Try it: Up to and including the line that contains "any p (x ∷ xs)", return every line from the start of the data, unchanged.

Material for this task:
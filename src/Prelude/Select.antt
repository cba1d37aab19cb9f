-- ===== src/Prelude/Select.antt =====
-- Lists searched and selected from by Boolean tests, as `iter().any`, `filter` and a WHERE do.
use mathlib.Core.Path.{◌≡◌, refl}
use mathlib.Core.Logic.{◌⊎◌, inl, inr}
use mathlib.Core.Bool.{Bool, true, false}
use mathlib.Core.List.{List, [], ◌∷◌, ◌++◌, map}
use gps_trips.Prelude.Tests.{if◌then◌else◌, Bool-cases}
use gps_trips.Prelude.Lists.{All, All-weaken}

module _ {ℓ} {A : Type ℓ} where
  abbrev pub any : (A → Bool) → List A → Bool
  any p [] = false
  any p (x ∷ xs) = if p x then true else any p xs

  abbrev pub filter : (A → Bool) → List A → List A
  filter p [] = []
  filter p (x ∷ xs) = if p x then x ∷ filter p xs else filter p xs

  -- A relation of every element to each of those behind it, by recursion as `All`.
  abbrev pub Pairwise {κ} : (A → A → Type κ) → List A → Type (ℓ ⊔ κ)
  Pairwise R [] = Unit {_}
  Pairwise R (x ∷ xs) = All (R x) xs × Pairwise R xs

module _ {ℓ μ} {A : Type ℓ} {B : Type μ} where
  pub All-map {κ} :
      (P : B → Type κ) (f : A → B) (xs : List A) → All (λ x. P (f x)) xs → All P (map f xs)
  All-map P f [] h = tt
  All-map P f (x ∷ xs) h = (h.0, All-map P f xs h.1)

module _ {ℓ} {A : Type ℓ} where
  pub any-false : (p : A → Bool) (xs : List A) → any p xs ≡ false → All (λ x. p x ≡ false) xs
  any-false p [] h = tt
  any-false p (x ∷ xs) h = elim (Bool-cases (p x)) [
    | inl yes_x ↦ let bad : true ≡ false = rw yes_x at h in cc
    | inr no_x ↦ let rest : any p xs ≡ false = rw no_x at h in (no_x, any-false p xs rest)
  ]

  pub any-none : (p : A → Bool) (xs : List A) → All (λ x. p x ≡ false) xs → any p xs ≡ false
  any-none p [] h = refl
  any-none p (x ∷ xs) h = rw h.0 (any-none p xs h.1)

  pub any-append_left : (p : A → Bool) (xs ys : List A) → any p xs ≡ true → any p (xs ++ ys) ≡ true
  any-append_left p [] ys h = cc
  any-append_left p (x ∷ xs) ys h = elim (Bool-cases (p x)) [
    | inl yes_x ↦ rw yes_x refl
    | inr no_x ↦ let rest : any p xs ≡ true = rw no_x at h in rw no_x (any-append_left p xs ys rest)
  ]

  pub any-append_right : (p : A → Bool) (xs ys : List A) → any p ys ≡ true → any p (xs ++ ys) ≡ true
  any-append_right p [] ys h = h
  any-append_right p (x ∷ xs) ys h = elim (Bool-cases (p x)) [
    | inl yes_x ↦ rw yes_x refl
    | inr no_x ↦ rw no_x (any-append_right p xs ys h)
  ]

  pub any-append_inv :
      (p : A → Bool) (xs ys : List A)
      → any p (xs ++ ys) ≡ true
      → (any p xs ≡ true) ⊎ (any p ys ≡ true)
  any-append_inv p [] ys h = inr h
  any-append_inv p (x ∷ xs) ys h = elim (Bool-cases (p x)) [
    | inl yes_x ↦ inl (rw yes_x refl)
    | inr no_x ↦ elim (any-append_inv p xs ys (rw no_x at h)) [
      | inl l ↦ inl (rw no_x l)
      | inr r ↦ inr r
    ]
  ]

  pub any-filter :
      (p q : A → Bool) (xs : List A)
      → ((x : A) → p x ≡ true → q x ≡ true)
      → any p xs ≡ true
      → any p (filter q xs) ≡ true
  any-filter p q [] f h = h
  any-filter p q (x ∷ xs) f h = elim (Bool-cases (p x)) [
    | inl yes_x ↦ rw (f x yes_x, yes_x) refl
    | inr no_x ↦
        let rest : any p (filter q xs) ≡ true = any-filter p q xs f (rw no_x at h) in
        elim (Bool-cases (q x)) [
          | inl kept ↦ rw (kept, no_x) rest
          | inr left_out ↦ rw left_out rest
        ]
  ]

  pub All-filter {κ} :
      (P : A → Type κ) (p : A → Bool) (xs : List A) → All P xs → All P (filter p xs)
  All-filter P p [] h = tt
  All-filter P p (x ∷ xs) h = elim (Bool-cases (p x)) [
    | inl kept ↦ rw kept (h.0, All-filter P p xs h.1)
    | inr left_out ↦ rw left_out (All-filter P p xs h.1)
  ]

  pub filter-holds : (p : A → Bool) (xs : List A) → All (λ x. p x ≡ true) (filter p xs)
  filter-holds p [] = tt
  filter-holds p (x ∷ xs) = elim (Bool-cases (p x)) [
    | inl kept ↦ rw kept (kept, filter-holds p xs)
    | inr left_out ↦ rw left_out (filter-holds p xs)
  ]

  pub Pairwise-filter {κ} :
      (R : A → A → Type κ) (p : A → Bool) (xs : List A) → Pairwise R xs → Pairwise R (filter p xs)
  Pairwise-filter R p [] h = tt
  Pairwise-filter R p (x ∷ xs) h = elim (Bool-cases (p x)) [
    | inl kept ↦ rw kept (All-filter (R x) p xs h.0, Pairwise-filter R p xs h.1)
    | inr left_out ↦ rw left_out (Pairwise-filter R p xs h.1)
  ]

  -- A change of the elements that keeps the relation keeps it throughout the list.
  pub Pairwise-map {κ} :
      (R : A → A → Type κ) (f : A → A) (xs : List A)
      → ((x y : A) → R x y → R (f x) (f y))
      → Pairwise R xs
      → Pairwise R (map f xs)
  Pairwise-map R f [] k h = tt
  Pairwise-map R f (x ∷ xs) k h =
      (All-map (R (f x)) f xs (All-weaken (k x) xs h.0), Pairwise-map R f xs k h.1)

  pub All-snoc {κ} : (P : A → Type κ) (xs : List A) (y : A) → All P xs → P y → All P (xs ++ y ∷ [])
  All-snoc P [] y h k = (k, tt)
  All-snoc P (x ∷ xs) y h k = (h.0, All-snoc P xs y h.1 k)

  pub Pairwise-snoc {κ} :
      (R : A → A → Type κ) (xs : List A) (y : A)
      → Pairwise R xs
      → All (λ x. R x y) xs
      → Pairwise R (xs ++ y ∷ [])
  Pairwise-snoc R [] y h k = (tt, tt)
  Pairwise-snoc R (x ∷ xs) y h k = (All-snoc (R x) xs y h.0 k.0, Pairwise-snoc R xs y h.1 k.1)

Exercise output:
filename src/Prelude/Select.antt
repository cba1d37aab19cb9f
-- ===== src/Prelude/Select.antt =====
-- Lists searched and selected from by Boolean tests, as `iter().any`, `filter` and a WHERE do.
use mathlib.Core.Path.{◌≡◌, refl}
use mathlib.Core.Logic.{◌⊎◌, inl, inr}
use mathlib.Core.Bool.{Bool, true, false}
use mathlib.Core.List.{List, [], ◌∷◌, ◌++◌, map}
use gps_trips.Prelude.Tests.{if◌then◌else◌, Bool-cases}
use gps_trips.Prelude.Lists.{All, All-weaken}

module _ {ℓ} {A : Type ℓ} where
  abbrev pub any : (A → Bool) → List A → Bool
  any p [] = false
  any p (x ∷ xs) = if p x then true else any p xs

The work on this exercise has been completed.